PROBLEM STATEMENT => In the material below, find each line with the string "gone" and copy it.

[Start of Attachment]

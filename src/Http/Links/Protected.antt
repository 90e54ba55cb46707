-- ===== src/Http/Links/Protected.antt =====
-- Whom `shareLink` serves.
use macftpd.Prelude.{
  ◌≡◌, refl, Bool, true, false, ◌&&◌, not, Option, none, some, [], ◌++◌, ◌⊎◌, inl, inr,
  if◌then◌else◌, arith, Bool-cases, Option-cases, ◌∙◌, sym, ap,
}
use macftpd.Text.{Text, codes, has_prefix, ◌=ₜ◌, text_eq}
use macftpd.Dict.{get}
use macftpd.Auth.Password.{Crypto}
use macftpd.Ratelimit
use macftpd.Ratelimit.{Limiter}
use macftpd.Share
use macftpd.Share.{Link, PublicLink, Store, public, public_of}
use macftpd.Share.Tokens.{Digest, verify, verify_authorized, validate}
use macftpd.Storage.{Root, resolve_admin}
use macftpd.Storage.Os.{Info}
use macftpd.Http.Sessions.{Signer, share_cookie, verify_share_cookie}
use macftpd.Http.Request.{Net, Request, Env, Server, is_method, client_addr_for_limit}
use macftpd.Http.Served.{FileServeResult}
use macftpd.Http.Links.{
  Answer, not_found, gone, too_many, not_allowed, password_form, redirected, shown, file, checked,
  link_parts, serve_file, serve_looked, serve_resolved, reserved, serve_link, password_checked,
  verify_share_password, with_link, with_public, with_parts, share_link,
}

-- the answer gives something of the link away, or a cookie, only if so
abbrev pub OnlyIf : Type 0 → (Text → Type 0) → Answer → Type 0
OnlyIf P R (file real) = P
OnlyIf P R (shown clean) = P
OnlyIf P R (redirected cookie) = R cookie
OnlyIf P R not_found = Unit
OnlyIf P R gone = Unit
OnlyIf P R too_many = Unit
OnlyIf P R not_allowed = Unit
OnlyIf P R password_form = Unit

module _ (c : Crypto) (d : Digest) (k : Signer) (net : Net) (glob : Text → Text → Option Bool)
    (r : Root) (look : Text → Option Info) (served : FileServeResult) (saved : Bool)
    (env : Env) where
  -- what shows that a caller may have the file of a link
  abbrev pub MayHave : Option Text → Text → Text → Store → Type 0
  MayHave cookie id token links =
      (meta : PublicLink) × (public_of id links ≡ Share.ok meta)
      × ((meta.kind =ₜ codes "download") ≡ true)
      × (((verify_share_cookie k env.now cookie id token ≡ true)
            × (verify_authorized c d env.now id token links ≡ Share.ok meta))
          ⊎ ((meta.has_password ≡ false) × (verify c d env.now id token [] links ≡ Share.ok meta)))

  -- what shows that a caller may have a cookie for a link with a password: the password, or such a cookie
  abbrev pub MayEnter : Option Text → Text → Text → Text → Store → Text → Type 0
  MayEnter cookie id token password links given =
      (meta : PublicLink) × (public_of id links ≡ Share.ok meta)
      × ((meta.kind =ₜ codes "download") ≡ true)
      × (meta.has_password ≡ true)
      × (given ≡ share_cookie k env.now id token)
      × ((verify c d env.now id token password links ≡ Share.ok meta)
          ⊎ ((verify_share_cookie k env.now cookie id token ≡ true)
              × (verify_authorized c d env.now id token links ≡ Share.ok meta)))

  serve_file-OnlyIf :
      (P : Type 0) (R : Text → Type 0) (q : Request) (id real clean : Text) (s : Server)
      → P
      → OnlyIf P R (serve_file c d k net glob r look served saved env q id real clean s).1
  serve_file-OnlyIf P R q id real clean s p = elim (Bool-cases (is_method q (codes "GET"))) [
    | inl get_it ↦ rw get_it (reserved-OnlyIf (Share.reserve_download env.now id s.links))
    | inr e ↦ elim (Bool-cases (is_method q (codes "HEAD"))) [
      | inl h ↦ rw (e, h) p
      | inr h ↦ rw (e, h) tt
    ]
  ]
    where
      reserved-OnlyIf :
          (x : Share.Outcome (Unit {0}))
          → OnlyIf P R (reserved c d k net glob r look served saved env q id real clean x s).1
      reserved-OnlyIf (Share.err e, links) = tt
      reserved-OnlyIf (Share.ok a, links) = p

  serve_resolved-OnlyIf :
      (P : Type 0) (R : Text → Type 0) (q : Request) (id : Text) (o : Option (Text × Text))
      (s : Server)
      → P
      → OnlyIf P R (serve_resolved c d k net glob r look served saved env q id o s).1
  serve_resolved-OnlyIf P R q id none s p = tt
  serve_resolved-OnlyIf P R q id (some (real, clean)) s p = looked-OnlyIf (look real)
    where
      looked-OnlyIf :
          (o : Option Info)
          → OnlyIf P R (serve_looked c d k net glob r look served saved env q id real clean o s).1
      looked-OnlyIf none = tt
      looked-OnlyIf (some info) = elim (Bool-cases info.is_dir) [
        | inl e ↦ rw e p
        | inr e ↦ rw e (serve_file-OnlyIf P R q id real clean s p)
      ]

  serve_link-OnlyIf :
      (P : Type 0) (R : Text → Type 0) (q : Request) (id token : Text) (s : Server)
      (res : Share.Result PublicLink)
      → ((m : PublicLink)
          → res ≡ Share.ok m
          → (m.has_password && is_method q (codes "POST")) ≡ false
          → P)
      → ((m : PublicLink)
          → res ≡ Share.ok m
          → m.has_password ≡ true
          → R (share_cookie k env.now id token))
      → OnlyIf P R (serve_link c d k net glob r look served saved env q id token (s, checked res)).1
  serve_link-OnlyIf P R q id token s (Share.err Share.denied) h g = tt
  serve_link-OnlyIf P R q id token s (Share.err e) h g = tt
  serve_link-OnlyIf P R q id token s (Share.ok m) h g =
      elim (Bool-cases (m.has_password && is_method q (codes "POST"))) [
        | inl e ↦ rw e (g m refl (ground arith))
        | inr e ↦ rw e (serve_resolved-OnlyIf P R q id (resolve_admin r glob m.path) s (h m refl e))
      ]

  verify-public_of :
      (password id token : Text) (links : Store) (m : PublicLink)
      → verify c d env.now id token password links ≡ Share.ok m
      → public_of id links ≡ Share.ok m
  unfolding verify public_of
  verify-public_of password id token links m = elim (Option-cases (get id links.links)) [
    | inl e ↦ rw e (λ h. cc)
    | inr (link, e) ↦ rw e (elim (Option-cases (validate c d env.now link token password false)) [
      | inl v ↦ rw v (λ h. h)
      | inr (f, v) ↦ rw v (λ h. cc)
    ])
  ]

  verify_authorized-public_of :
      (id token : Text) (links : Store) (m : PublicLink)
      → verify_authorized c d env.now id token links ≡ Share.ok m
      → public_of id links ≡ Share.ok m
  unfolding verify_authorized public_of
  verify_authorized-public_of id token links m = elim (Option-cases (get id links.links)) [
    | inl e ↦ rw e (λ h. cc)
    | inr (link, e) ↦ rw e (elim (Option-cases (validate c d env.now link token [] true)) [
      | inl v ↦ rw v (λ h. h)
      | inr (f, v) ↦ rw v (λ h. cc)
    ])
  ]

  same_link :
      (a b : PublicLink) (o : Share.Result PublicLink) → o ≡ Share.ok a → o ≡ Share.ok b → a ≡ b
  same_link a b o e f = ap (link_or a) (sym e ∙ f)
    where
      link_or : PublicLink → Share.Result PublicLink → PublicLink
      link_or other (Share.ok m) = m
      link_or other (Share.err e) = other

  -- a password that was just given is answered with a cookie, and nothing else
  asked_password :
      (P : Type 0) (q : Request) (cookie : Option Text) (id token password : Text)
      (meta : PublicLink) (s : Server)
      → public_of id s.links ≡ Share.ok meta
      → ((meta.kind =ₜ codes "download") ≡ true)
      → meta.has_password ≡ true
      → is_method q (codes "POST") ≡ true
      → (key : Text) (x : Limiter × Bool)
      → OnlyIf P
          (MayEnter cookie id token password s.links)
          (serve_link c d k net glob r look served saved env q id token
            (password_checked c d k net glob r look served saved env key id token password x s)).1
  asked_password P q cookie id token password meta s there kind locked post key (l, false) = tt
  asked_password P q cookie id token password meta s there kind locked post key (l, true) =
      serve_link-OnlyIf P (MayEnter cookie id token password s.links) q id token _
        (verify c d env.now id token password s.links)
        (λ m e free.
          let same =
            same_link meta m (public_of id s.links) there
              (verify-public_of password id token s.links m e) in
          let locked' : m.has_password ≡ true = ap (λ x. x.has_password) (sym same) ∙ locked in
          absurd (ground arith))
        (λ m e with_password.
          let there' = verify-public_of password id token s.links m e in
          let same = same_link meta m (public_of id s.links) there there' in
          (
            m,
            there',
            ap (λ x. x.kind =ₜ codes "download") (sym same) ∙ kind,
            with_password,
            refl,
            inl e,
          ))

  with_link-OnlyIf :
      (q : Request) (cookie : Option Text) (id token password : Text) (meta : PublicLink)
      (s : Server)
      → public_of id s.links ≡ Share.ok meta
      → ((meta.kind =ₜ codes "download") ≡ true)
      → (authorized has : Bool)
      → (meta.has_password && verify_share_cookie k env.now cookie id token) ≡ authorized
      → meta.has_password ≡ has
      → OnlyIf
          (MayHave cookie id token s.links)
          (MayEnter cookie id token password s.links)
          (with_link c d k net glob r look served saved env q authorized id token password meta s).1
  unfolding verify_share_password
  with_link-OnlyIf q cookie id token password meta s there kind true has auth locked =
      let through : (meta.has_password && not (is_method q (codes "POST")) && not true) ≡ false =
        ground arith in
      rw through (
        serve_link-OnlyIf (MayHave cookie id token s.links)
          (MayEnter cookie id token password s.links) q id token s
          (verify_authorized c d env.now id token s.links)
          (λ m e free.
            let there' = verify_authorized-public_of id token s.links m e in
            let same = same_link meta m (public_of id s.links) there there' in
            (
              m,
              there',
              ap (λ x. x.kind =ₜ codes "download") (sym same) ∙ kind,
              inl (ground arith, e),
            ))
          (λ m e with_password.
            let there' = verify_authorized-public_of id token s.links m e in
            let same = same_link meta m (public_of id s.links) there there' in
            (
              m,
              there',
              ap (λ x. x.kind =ₜ codes "download") (sym same) ∙ kind,
              with_password,
              refl,
              inr (ground arith, e),
            )))
  with_link-OnlyIf q cookie id token password meta s there kind false false auth locked =
      rw locked (
        serve_link-OnlyIf (MayHave cookie id token s.links)
          (MayEnter cookie id token password s.links) q id token s
          (verify c d env.now id token [] s.links)
          (λ m e free.
            let there' = verify-public_of [] id token s.links m e in
            let same = same_link meta m (public_of id s.links) there there' in
            (
              m,
              there',
              ap (λ x. x.kind =ₜ codes "download") (sym same) ∙ kind,
              inr (ap (λ x. x.has_password) (sym same) ∙ locked, e),
            ))
          (λ m e with_password.
            let there' = verify-public_of [] id token s.links m e in
            let same = same_link meta m (public_of id s.links) there there' in
            let open_to_all : m.has_password ≡ false =
              ap (λ x. x.has_password) (sym same) ∙ locked in
            absurd (ground arith)))
  with_link-OnlyIf q cookie id token password meta s there kind false true auth locked =
      elim (Bool-cases (is_method q (codes "POST"))) [
        | inr e ↦ rw (locked, e) tt
        | inl e ↦
            rw (locked, e)
              (asked_password (MayHave cookie id token s.links) q cookie id token password meta s
                there kind locked e (client_addr_for_limit net q ++ codes "|share|" ++ id)
                (Ratelimit.allow env.now (client_addr_for_limit net q ++ codes "|share|" ++ id)
                  s.share_limit))
      ]

  with_public-OnlyIf :
      (q : Request) (cookie : Option Text) (id token password : Text) (s : Server)
      (res : Share.Result PublicLink)
      → public_of id s.links ≡ res
      → OnlyIf
          (MayHave cookie id token s.links)
          (MayEnter cookie id token password s.links)
          (with_public c d k net glob r look served saved env q cookie id token password res s).1
  with_public-OnlyIf q cookie id token password s (Share.err e) there = tt
  with_public-OnlyIf q cookie id token password s (Share.ok meta) there =
      elim (Bool-cases (meta.kind =ₜ codes "download")) [
        | inr e ↦ rw e tt
        | inl e ↦ rw e (
            with_link-OnlyIf q cookie id token password meta s there e
              (meta.has_password && verify_share_cookie k env.now cookie id token) meta.has_password
              refl refl)
      ]

  -- the identifier and the token in the path of a request
  abbrev pub asked_for : Request → Option (Text × Text)
  asked_for q =
      link_parts q.path (if has_prefix q.path (codes "/s/") then codes "/s/" else codes "/share/")

  abbrev pub MayHaveParts : Option Text → Store → Option (Text × Text) → Type 0
  MayHaveParts cookie links none = ⊥
  MayHaveParts cookie links (some (id, token)) = MayHave cookie id token links

  abbrev pub MayEnterParts : Option Text → Text → Store → Option (Text × Text) → Text → Type 0
  MayEnterParts cookie password links none given = ⊥
  MayEnterParts cookie password links (some (id, token)) given =
      MayEnter cookie id token password links given

  with_parts-OnlyIf :
      (q : Request) (cookie : Option Text) (password : Text) (s : Server)
      (parts : Option (Text × Text))
      → OnlyIf
          (MayHaveParts cookie s.links parts)
          (MayEnterParts cookie password s.links parts)
          (with_parts c d k net glob r look served saved env q cookie password parts s).1
  with_parts-OnlyIf q cookie password s none = tt
  with_parts-OnlyIf q cookie password s (some (id, token)) =
      with_public-OnlyIf q cookie id token password s (public_of id s.links) refl

  -- A file or a folder page is given away only for a link to download, whose token the request has, and which
  -- is open; and only if the link has no password, or the request has a cookie that the server signed for
  -- this link and token and that has not run out. Such a cookie is given away only for a link to download that is
  -- open and has a password, and only if the request has its token and the right password, or such a cookie already.
  pub share_link-OnlyIf :
      (q : Request) (cookie : Option Text) (password : Text) (s : Server)
      → OnlyIf
          (MayHaveParts cookie s.links (asked_for q))
          (MayEnterParts cookie password s.links (asked_for q))
          (share_link c d k net glob r look served saved env q cookie password s).1
  unfolding share_link
  share_link-OnlyIf q cookie password s = with_parts-OnlyIf q cookie password s (asked_for q)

[End of Attachment]

EXERCISE ANSWER =>
  Answer, not_found, gone, too_many, not_allowed, password_form, redirected, shown, file, checked,
OnlyIf P R gone = Unit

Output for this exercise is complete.